Once they reached the top there was a narrow ledge around the crater that they walked on until they reached the very top. At the top is an old fortress with an old weapons room and a memorial to an individual who died at the site. Farnett said that visitors had respected the memorial room and had left it as it had been designed in memory of that person. Instead of going back down the way they came, they left using the more common route.
Another unique experience for Navy veterans while Farnett served was earning their shellback certificate. Farnett explained there were two types of soldiers; a pollywog, or someone who had not crossed the equator, and a shellback, someone who had crossed the equator. When a soldier crossed the equator for the first time, they went through an initiation process to cross them over from being a pollywog to a shellback.

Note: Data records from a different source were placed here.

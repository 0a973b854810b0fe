-- ===== src/App/Written.antt =====
-- app/: a frame from its encoder's thread to its file.
use Prim.Native.String.{len}
use minicam_hal.Common.{
  ℕ, ℤ, ◌≡◌, refl, ap, ◌∙◌, Bool, true, false, none, some, List, [], ◌∷◌, String, ◌==◌, ==_self,
  ==ℤ_self, arith, inl, inr, Bool-cases, find, erase, find-erase_self, Map,
}
use minicam_hal.Interface.{CaptureResult, CompletedOutputBuffer}
use minicam_hal.App.Jpeg.{Compressor}
use minicam_hal.App.Encoder.{
  EncodedFrameStore, EncodedFrameKey, same_key, FenceCalls, EncodeJob, JpegEncoder, find_frame,
  erase_frame, put_frame, take_frame, encode_request, run_job, wait_for_fence, close_fd,
}
use minicam_hal.App.Writer.{
  FenceAwareResultWriter, PendingWrite, pending_at, write_pending, register_path, register_result,
  ready_write, tracked_for, first_completed_buffer, is_ok, write_encoded_frame, write_buffer,
  write_completed, block_wait_and_write,
}

same_key_refl : (k : EncodedFrameKey) → same_key k k ≡ true
same_key_refl k = ground (arith, ==_self k.frame_number, ==ℤ_self k.buffer_id)

find-erase_frame :
    (k : EncodedFrameKey) (s : EncodedFrameStore) → find_frame k (erase_frame k s) ≡ none
unfolding find_frame erase_frame
find-erase_frame k [] = refl
find-erase_frame k ((j, bytes) ∷ s) = elim (Bool-cases (same_key j k)) [
  | inl e ↦ ground (arith, e, find-erase_frame k s)
  | inr e ↦ ground (arith, e, find-erase_frame k s)
]

find-put_frame :
    (k : EncodedFrameKey) (bytes : List ℕ) (s : EncodedFrameStore)
    → find_frame k (put_frame k bytes s) ≡ some bytes
unfolding find_frame put_frame
find-put_frame k bytes s = rw (same_key_refl k) refl

module _ {L K F : Type 0} where
  -- A frame's path and its result may be registered in either order: what was there for the frame is
  -- replaced, and it is ready to be written, to the path, if the path is not empty.
  register-order :
      (path : String) (result : CaptureResult) (w : FenceAwareResultWriter L K F)
      → (len path == 0) ≡ false
      → let n = result.frame_number in
        (ready_write n (register_result result (register_path n path w)).pending_writes
          ≡ some (path, result))
        × (ready_write n (register_path n path (register_result result w)).pending_writes
            ≡ some (path, result))
  unfolding ready_write register_path register_result pending_at write_pending find
  register-order path result w h =
      let n = result.frame_number in (ground (arith, h, ==_self n), ground (arith, h, ==_self n))

module _ {L K F : Type 0} (fences : FenceCalls K)
    (write_file : String → List ℕ → F → Bool × F) where
  write_encoded-frame :
      (path : String) (n : ℕ) (id : ℤ) (bytes : List ℕ) (w : FenceAwareResultWriter L K F)
      → let key : EncodedFrameKey = record { frame_number = n; buffer_id = id } in
        w.has_encoded_frames ≡ true
        → find_frame key w.encoded_frames ≡ some bytes
        → let done = write_encoded_frame fences write_file path n id w in
          (done.0 ≡ (write_file path bytes w.files).0)
          × (done.1.files ≡ (write_file path bytes w.files).1)
          × (done.1.encoded_frames ≡ erase_frame key w.encoded_frames)
          × (done.1.pending_writes ≡ w.pending_writes)
  unfolding write_encoded_frame take_frame
  write_encoded-frame path n id bytes w has h = ground (arith, has, h)

  tracked-same :
      (result : CaptureResult) (completed : CompletedOutputBuffer)
      (w : FenceAwareResultWriter L K F)
      → ((tracked_for result completed w).1.encoded_frames ≡ w.encoded_frames)
        × ((tracked_for result completed w).1.files ≡ w.files)
        × ((tracked_for result completed w).1.pending_writes ≡ w.pending_writes)
        × ((tracked_for result completed w).1.has_encoded_frames ≡ w.has_encoded_frames)
  unfolding tracked_for
  tracked-same result completed w = (refl, refl, refl, refl)

  write_buffer-ready :
      (path : String) (result : CaptureResult) (completed : CompletedOutputBuffer) (bytes : List ℕ)
      (w : FenceAwareResultWriter L K F)
      → let key : EncodedFrameKey = record {
        frame_number = result.frame_number;
        buffer_id = completed.buffer_id;
      } in
        w.has_encoded_frames ≡ true
        → find_frame key w.encoded_frames ≡ some bytes
        → is_ok result.status ≡ true
        → (wait_for_fence fences completed.release_fence_fd w.kernel).0 ≡ true
        → let k =
            close_fd fences completed.release_fence_fd
              (wait_for_fence fences completed.release_fence_fd w.kernel).1 in
          (tracked_for result completed (record w { kernel = k })).0 ≡ true
          → let done = write_buffer fences write_file completed path result w in
            (done.0 ≡ record { result = result; wrote_image = (write_file path bytes w.files).0 })
            × (done.1.files ≡ (write_file path bytes w.files).1)
            × (done.1.encoded_frames ≡ erase_frame key w.encoded_frames)
            × (done.1.pending_writes ≡ w.pending_writes)
  unfolding write_buffer
  write_buffer-ready path result completed bytes w has found is_good waited tracked =
      let k =
        close_fd fences completed.release_fence_fd
          (wait_for_fence fences completed.release_fence_fd w.kernel).1 in
      let w' = (tracked_for result completed (record w { kernel = k })).1 in
      let same = tracked-same result completed (record w { kernel = k }) in
      let wrote =
        write_encoded-frame path result.frame_number completed.buffer_id bytes w' (same.3 ∙ has)
          (ap (find_frame _) same.0 ∙ found) in
      let file = ap (write_file path bytes) same.1 in
      let all =
        write_encoded_frame fences write_file path result.frame_number completed.buffer_id w' in
      let done : write_buffer fences write_file completed path result w
          ≡ (record { result = result; wrote_image = all.0 }, all.1) =
        rw (is_good, waited, tracked) refl in
      (
        ap (λ p. p.0) done
            ∙ ap (λ b. record { result = result; wrote_image = b }) (wrote.0 ∙ ap (λ p. p.0) file),
        ap (λ p. p.1.files) done ∙ wrote.1 ∙ ap (λ p. p.1) file,
        ap (λ p. p.1.encoded_frames) done ∙ wrote.2 ∙ ap (erase_frame _) same.0,
        ap (λ p. p.1.pending_writes) done ∙ wrote.3 ∙ same.2,
      )

  completed-buffer :
      (path : String) (result : CaptureResult) (completed : CompletedOutputBuffer)
      (w : FenceAwareResultWriter L K F)
      → first_completed_buffer result ≡ some completed
      → write_completed fences write_file path result w
        ≡ write_buffer fences write_file completed path result w
  unfolding write_completed
  completed-buffer path result completed w h = rw (h, write_completed) refl

  block_wait-ready :
      (n : ℕ) (path : String) (result : CaptureResult) (w : FenceAwareResultWriter L K F)
      → ready_write n w.pending_writes ≡ some (path, result)
      → let done =
          write_completed fences write_file path result
            (record w { pending_writes = erase n w.pending_writes }) in
        block_wait_and_write fences write_file n w ≡ (some done.0, done.1)
  unfolding block_wait_and_write
  block_wait-ready n path result w h = rw (h, block_wait_and_write) refl

erased-ready : (n : ℕ) (m : Map PendingWrite) → ready_write n (erase n m) ≡ none
unfolding ready_write
erased-ready n m = rw (find-erase_self n m, ready_write) refl

module _ {L K F : Type 0} (fences : FenceCalls K) (jpge : Compressor) (mapped : L → List ℕ)
    (write_file : String → List ℕ → F → Bool × F) where
  job-frame :
      (job : EncodeJob L) (e : JpegEncoder L K) (w : FenceAwareResultWriter L K F)
      (result : CaptureResult) (completed : CompletedOutputBuffer) (bytes : List ℕ)
      → e.has_encoded_frames ≡ true
      → encode_request jpge mapped job.request job.buffer ≡ some bytes
      → w.encoded_frames ≡ (run_job fences jpge mapped job e).encoded_frames
      → result.frame_number ≡ job.request.frame_number
      → completed.buffer_id ≡ job.request.buffer_id
      → find_frame
          (record { frame_number = result.frame_number; buffer_id = completed.buffer_id })
          w.encoded_frames
        ≡ some bytes
  unfolding run_job
  job-frame job e w result completed bytes has encoded shared same_n same_b =
      let key : EncodedFrameKey = record {
        frame_number = job.request.frame_number;
        buffer_id = job.request.buffer_id;
      } in
      let stored : (run_job fences jpge mapped job e).encoded_frames
          ≡ put_frame key bytes e.encoded_frames =
        rw (has, encoded, run_job) refl in
      rw (same_n, same_b, shared, stored) (find-put_frame key bytes e.encoded_frames)

  -- A frame gets from its encoder's thread to its file. Where the encoder has run a job whose picture is
  -- some bytes, the writer shares the encoder's store of frames, which is there for both, and is given
  -- the path and then the result of that frame, the result is good, its first buffer is the job's and
  -- is tracked, and its fence is signalled: the wait gives the result, with the answer of writing
  -- those bytes to that path, the file system is what that writing leaves, the frame has left the
  -- store, and no write is pending for it.
  pub encode-write :
      (job : EncodeJob L) (e : JpegEncoder L K) (w : FenceAwareResultWriter L K F) (path : String)
      (result : CaptureResult) (completed : CompletedOutputBuffer) (bytes : List ℕ)
      → e.has_encoded_frames ≡ true
      → w.has_encoded_frames ≡ true
      → encode_request jpge mapped job.request job.buffer ≡ some bytes
      → w.encoded_frames ≡ (run_job fences jpge mapped job e).encoded_frames
      → result.frame_number ≡ job.request.frame_number
      → completed.buffer_id ≡ job.request.buffer_id
      → first_completed_buffer result ≡ some completed
      → is_ok result.status ≡ true
      → (len path == 0) ≡ false
      → (wait_for_fence fences completed.release_fence_fd w.kernel).0 ≡ true
      → (tracked_for result completed w).0 ≡ true
      → let n = result.frame_number in
        let done =
          block_wait_and_write fences write_file n
            (register_result result (register_path n path w)) in
        let key : EncodedFrameKey = record { frame_number = n; buffer_id = completed.buffer_id } in
        (done.0
          ≡ some (record { result = result; wrote_image = (write_file path bytes w.files).0 }))
        × (done.1.files ≡ (write_file path bytes w.files).1)
        × (find_frame key done.1.encoded_frames ≡ none)
        × (ready_write n done.1.pending_writes ≡ none)
  unfolding register_path register_result tracked_for
  encode-write job e w path result completed bytes e_has w_has encoded shared same_n same_b first
        is_good path_set waited tracked =
      let n = result.frame_number in
      let w1 = register_result result (register_path n path w) in
      let w2 : FenceAwareResultWriter L K F = record w1 {
        pending_writes = erase n w1.pending_writes;
      } in
      let found = job-frame job e w result completed bytes e_has encoded shared same_n same_b in
      let done =
        write_buffer-ready fences write_file path result completed bytes w2 w_has found is_good
          waited tracked in
      let written = completed-buffer fences write_file path result completed w2 first in
      let answer =
        block_wait-ready fences write_file n path result w1
          (register-order path result w path_set).0 in
      (
        ap (λ p. p.0) answer ∙ ap (λ p. some p.0) written ∙ ap some done.0,
        ap (λ p. p.1.files) answer ∙ ap (λ p. p.1.files) written ∙ done.1,
        ap (find_frame _)
              (ap (λ p. p.1.encoded_frames) answer ∙ ap (λ p. p.1.encoded_frames) written ∙ done.2)
            ∙ find-erase_frame _ w.encoded_frames,
        ap (ready_write n)
              (ap (λ p. p.1.pending_writes) answer ∙ ap (λ p. p.1.pending_writes) written ∙ done.3)
            ∙ erased-ready n w1.pending_writes,
      )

On the day they cross the equator, the pollywogs, or wogs, would have to complete a series of tasks to earn the shellback certificate. There were spankings, a breakfast consisting of gross food and drink items, being put in stocks while older soldiers decorated the younger soldiers face and a game where the largest man on board puts a cherry in his naval, covers his stomach with grease and the pollywogs have to get the cherry from his belly button. After the soldiers completed all the tasks, they went in the “coffin box” where they were sprayed with water to clean them off and came out as a shellback.
“It was a whole big thing,” Farnett said. “Whether they do it anymore or not, I don’t know, because of hazing and all that, but it was all in good fun.”
After they finished with their WestPac deployment, the ship was brought back to the yard in Long Beach where it was retrofitted with new equipment and armor. The soldiers attended classes by day and helped out with the watches in the afternoon.
When Farnett was discharged from the Navy, he worked different part-time jobs for a while before being hired as a civilian contractor with the Department of Defense to be a boiler operator at a Navy base in New York. The bases went through a consolidation and he was transferred to California. While in California, he started working for the Veteran’s Administration. He asked for a transfer to the Mountain Home VA in Johnson City. He said his parents had retired to the area which is why he decided to move here with his wife, Elaina, who he met while working in California. Farnett retired from the VA in February.